Prozac: It's technically illegal to import drugs into the United States, but authorities can seize only a tiny percentage of the packages. So pharmacies thrive north and south of the border. Most Canadian sites are heavily regulated and rarely allow users to self prescribe, but "the Mexican pharmacies aren't licensed," says Dr. Cooperman. "Quality is questionable." We paid a Mexican pharmacy double the Canadian rate - and got a box of pills that was so mangled, it looked like it made the trip from Tijuana by carrier pigeon.
Tetracycline: Prescription-free pharmacies exploded on the Internet after the 2001 anthrax attacks, when consumers rushed to stockpile antibiotics. The result health crisis, says medical board officer Dale Austin. Overuse of antibiotics weakens their effectiveness over time. There are more immediate reasons to fear the pills we got: They came from Bangkok with no directions, a flattened box and a label written mostly in Thai.
Accutane: There's a reason the FDA has warned consumers never to buy Accutane over the Internet, with or without a prescription: According to its manufacturer, the super potent acne drug can cause depression, psychosis, suicidal thoughts, hearing and vision impairment, liver disease and birth defects so severe that doctors require users to produce two negative pregnancy tests and use two forms of contraception.
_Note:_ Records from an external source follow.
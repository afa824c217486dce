-- ===== src/Rpg/Worlds.antt =====
-- demo-rpg/src/world_parser.cpp: the locations of the game, read from a text.
pub mod Filed
mod Tests
use c_book.Prelude.{
  ℕ, suc, Bool, true, false, not, ◌&&◌, ◌||◌, List, [], ◌∷◌, ◌++◌, map, Option, none, some, codes,
  bytes_eq, get_or, ◌==◌, if◌then◌else◌, Outcome, throw, ok, ◌>>=◌,
}
use c_book.Prelude.Int.{ℤ, pos}
use c_book.Prelude.Tables.{Table}
use c_book.Rpg.Items.{Item, weapon, armor, consumable, Inventory, add}
use c_book.Rpg.Places.{Location, World, make_location, add_exit, add_location}
use c_book.Rpg.Streams.{Stream, stream, next_word, next_int, lines}

-- The exceptions of the parser, with the number of the line.
pub data WorldError : Type 0 where
  not_opened : WorldError
  without_id incomplete_exit incomplete_item : ℕ → WorldError
  before_location unknown_keyword unknown_item_type : ℕ → List ℕ → WorldError

abbrev pub is_trimmed : ℕ → Bool
is_trimmed c = c == 32 || (c == 9 || c == 13)

-- From the first byte that is no blank on.
unfoldable pub trim_front : List ℕ → List ℕ
trim_front [] = []
trim_front (c ∷ cs) = let rest = trim_front cs in if is_trimmed c then rest else c ∷ cs

-- Up to the last byte that is no blank.
unfoldable pub trim_back : List ℕ → List ℕ
trim_back [] = []
trim_back (c ∷ cs) = elim (trim_back cs) [
  | [] ↦ if is_trimmed c then [] else c ∷ []
  | d ∷ ds ↦ c ∷ d ∷ ds
]

abbrev pub trim : List ℕ → List ℕ
trim s = trim_back (trim_front s)

unfoldable pub unescape_name : List ℕ → List ℕ
unescape_name s = map (λ c. if c == 95 then 32 else c) s

pub record LocationDraft : Type 0 where
  pub id : List ℕ
  pub name : List ℕ
  pub desc : List ℕ
  pub exits : Table (List ℕ)
  pub items : Inventory

abbrev pub no_draft : LocationDraft
no_draft = record { id = []; name = []; desc = []; exits = []; items = [] }

unfoldable pub add_exits : Table (List ℕ) → Location → Location
unfolding add_exit
add_exits [] l = l
add_exits ((direction, target) ∷ es) l = add_exits es (add_exit direction target l)

unfoldable pub add_all : List Item → Location → Location
unfolding add
add_all [] l = l
add_all (i ∷ is) l = add_all is (record l { items = add (some i) l.items })

unfoldable pub finalize : LocationDraft → Location
unfolding make_location add_exits add_all
finalize d = add_all d.items (add_exits d.exits (make_location d.id d.name d.desc))

unfoldable pub parse_item_line : Stream → ℕ → Outcome WorldError Item
unfolding next_word next_int unescape_name bytes_eq
parse_item_line s line_no =
    let (type, s1) = next_word [] s in
    let (name, s2) = next_word [] s1 in
    let (weight, s3) = next_int (pos 0) s2 in
    let (extra, s4) = next_int (pos 0) s3 in
    let pretty = unescape_name name in
    if s4.failed
    then throw (incomplete_item line_no)
    else if bytes_eq type (codes "weapon")
    then ok (weapon pretty weight extra)
    else if bytes_eq type (codes "armor")
    then ok (armor pretty weight extra)
    else if bytes_eq type (codes "consumable")
    then ok (consumable pretty weight extra)
    else throw (unknown_item_type line_no type)

-- The variables of `parse_world`; the draft is there after the first `location`.
pub record Parser : Type 0 where
  pub world : World
  pub draft : LocationDraft
  pub have_draft : Bool
  pub line_no : ℕ

unfoldable pub commit_draft : Parser → Parser
unfolding finalize add_location
commit_draft p =
    if p.have_draft
    then record p {
      world = add_location (finalize p.draft) p.world;
      have_draft = false;
      draft = no_draft;
    }
    else p

-- `std::getline` on what is left of the line.
abbrev pub rest_of_line : Stream → List ℕ
rest_of_line s = if s.failed then [] else s.rest

unfoldable pub parse_field : List ℕ → Stream → Parser → Outcome WorldError Parser
unfolding bytes_eq trim_front trim_back next_word parse_item_line
parse_field keyword s p =
    let d = p.draft in
    if bytes_eq keyword (codes "name")
    then ok (record p { draft = record d { name = trim (rest_of_line s) } })
    else if bytes_eq keyword (codes "desc")
    then ok (record p { draft = record d { desc = trim (rest_of_line s) } })
    else if bytes_eq keyword (codes "exit")
    then (let (dir, s1) = next_word [] s in
        let target = (next_word [] s1).0 in
        if bytes_eq dir [] || bytes_eq target []
        then throw (incomplete_exit p.line_no)
        else ok (record p { draft = record d { exits = d.exits ++ (dir, target) ∷ [] } }))
    else if bytes_eq keyword (codes "item")
    then (parse_item_line s p.line_no >>= λ i.
        ok (record p { draft = record d { items = d.items ++ i ∷ [] } }))
    else throw (unknown_keyword p.line_no keyword)

-- The new draft's identifier.
unfoldable pub parse_location : Stream → Parser → Outcome WorldError Parser
unfolding commit_draft next_word bytes_eq
parse_location s p =
    let p' = commit_draft p in
    let id = (next_word p'.draft.id s).0 in
    if bytes_eq id []
    then throw (without_id p'.line_no)
    else ok (record p' { draft = record (p'.draft) { id = id }; have_draft = true })

unfoldable pub parse_text : List ℕ → Parser → Outcome WorldError Parser
unfolding next_word bytes_eq parse_location parse_field
parse_text text p =
    let (keyword, s) = next_word [] (stream text) in
    if bytes_eq keyword (codes "location")
    then parse_location s p
    else if p.have_draft
    then parse_field keyword s p
    else throw (before_location p.line_no keyword)

unfoldable pub parse_world_line : List ℕ → Parser → Outcome WorldError Parser
unfolding trim_front trim_back bytes_eq parse_text
parse_world_line l p =
    let p' = record p { line_no = suc p.line_no } in
    let text = trim l in
    if bytes_eq text [] || get_or text 0 0 == 35 then ok p' else parse_text text p'

unfoldable pub parse_world_lines : List (List ℕ) → Parser → Outcome WorldError Parser
unfolding parse_world_line
parse_world_lines [] p = ok p
parse_world_lines (l ∷ ls) p = parse_world_line l p >>= parse_world_lines ls

abbrev pub fresh_parser : Parser
fresh_parser = record { world = []; draft = no_draft; have_draft = false; line_no = 0 }

unfoldable pub parse_world : List ℕ → Outcome WorldError World
unfolding lines parse_world_lines commit_draft
parse_world text = parse_world_lines (lines text) fresh_parser >>= λ p. ok (commit_draft p).world

unfoldable pub load_world : Option (List ℕ) → Outcome WorldError World
unfolding parse_world
load_world none = throw not_opened
load_world (some text) = parse_world text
Despite the FDA's consumer alert, we were able to buy Accutane from a foreign pharmacy with little difficulty. It arrived with only a cursory warning on the label and no instructions, leaving potential users clueless about the drug's frightening side effects.
Topamax: The majority of online shoppers would seem to have little use for Topamax, an antiepilepsy drug that can severely slow speech, language and motor functions. Except, of course, for those who've heard about one of the drug's other potent side effects: weight loss. By altering the brain chemicals that regulate appetite, Topamax may quash cravings. That could make it as irresistible as catnip for desperate dieters and shady pill-peddlers alike - but doctors warn that any use of Topamax outside of a physician's care is dangerous due to its brain-numbing properties.
Clomid: Because fertility treatments are pricey and generally not covered by insurance, women go to great lengths to get drugs without paying to see a doctor, says Pamela Madsen, executive director of the American Infertility Association in New York City. The price was right on this batch of Clomid, a synthetic hormone that stimulates ovulation and is one of the cheaper fertility drugs. But "access to infertility medications without physician supervision is a really bad idea," says Madsen. Taking Clomid unmonitored may decrease the odds of getting pregnant while increasing the chance of risky multiple births and even cancer if the drug is overused, she adds. "The risk is very real."
Ritalin and Xanax: Two pills ripe for abuse, the first an upper, the second a downer, both shipped with no prescription. How dangerous is this open access to supposedly controlled substances? "I am 27, have a great job and let this put me into the greatest depression of my life," says the Xanax user in Detroit. She enrolled in a hospital's substance abuse program but then panicked she might lose her job if she submitted to the six-day-a-week program. "I'm trying to wean myself off," she says, "but I still spend thousands of dollars a month, and I'm finding the drugs I took before are no longer giving me a buzz. It gets worse and worse."